- [Problem to work on] Nothing but the lines from the line with "[], ◌∷◌, count" to the end of the records below should appear in the answer, each exactly as given.

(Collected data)
☆ ☆ ☆ ☆ ☆

-- ===== src/Harness/Texts.antt =====
-- Python's slices of a text from its start, by characters.
use Prim.Native.Nat.{ℕ, zero, suc, ◌≤◌}
use Prim.Native.String.{String, [], ◌∷◌, count as str_len}
use Prim.Native.String.count.{nil, cons}
use native.Mathlib.Omega.{arith}

-- `text[:n]`
unfoldable pub prefix : ℕ → String → String
prefix zero s = []
prefix (suc n) [] = []
prefix (suc n) (c ∷ s) = c ∷ prefix n s

pub str_len-prefix : (n : ℕ) (s : String) → str_len (prefix n s) ≤ n
unfolding prefix
str_len-prefix zero s = omega (arith, nil)
str_len-prefix (suc n) [] = omega (arith, nil)
str_len-prefix (suc n) (c ∷ s) = omega (arith, cons c (prefix n s), str_len-prefix n s)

☆ ☆ ☆ ☆ ☆

- [Answer section]
use Prim.Native.String.{String, [], ◌∷◌, count as str_len}
use Prim.Native.String.count.{nil, cons}
use native.Mathlib.Omega.{arith}

-- `text[:n]`
unfoldable pub prefix : ℕ → String → String
prefix zero s = []
prefix (suc n) [] = []
prefix (suc n) (c ∷ s) = c ∷ prefix n s

pub str_len-prefix : (n : ℕ) (s : String) → str_len (prefix n s) ≤ n
unfolding prefix
str_len-prefix zero s = omega (arith, nil)
str_len-prefix (suc n) [] = omega (arith, nil)
str_len-prefix (suc n) (c ∷ s) = omega (arith, cons c (prefix n s), str_len-prefix n s)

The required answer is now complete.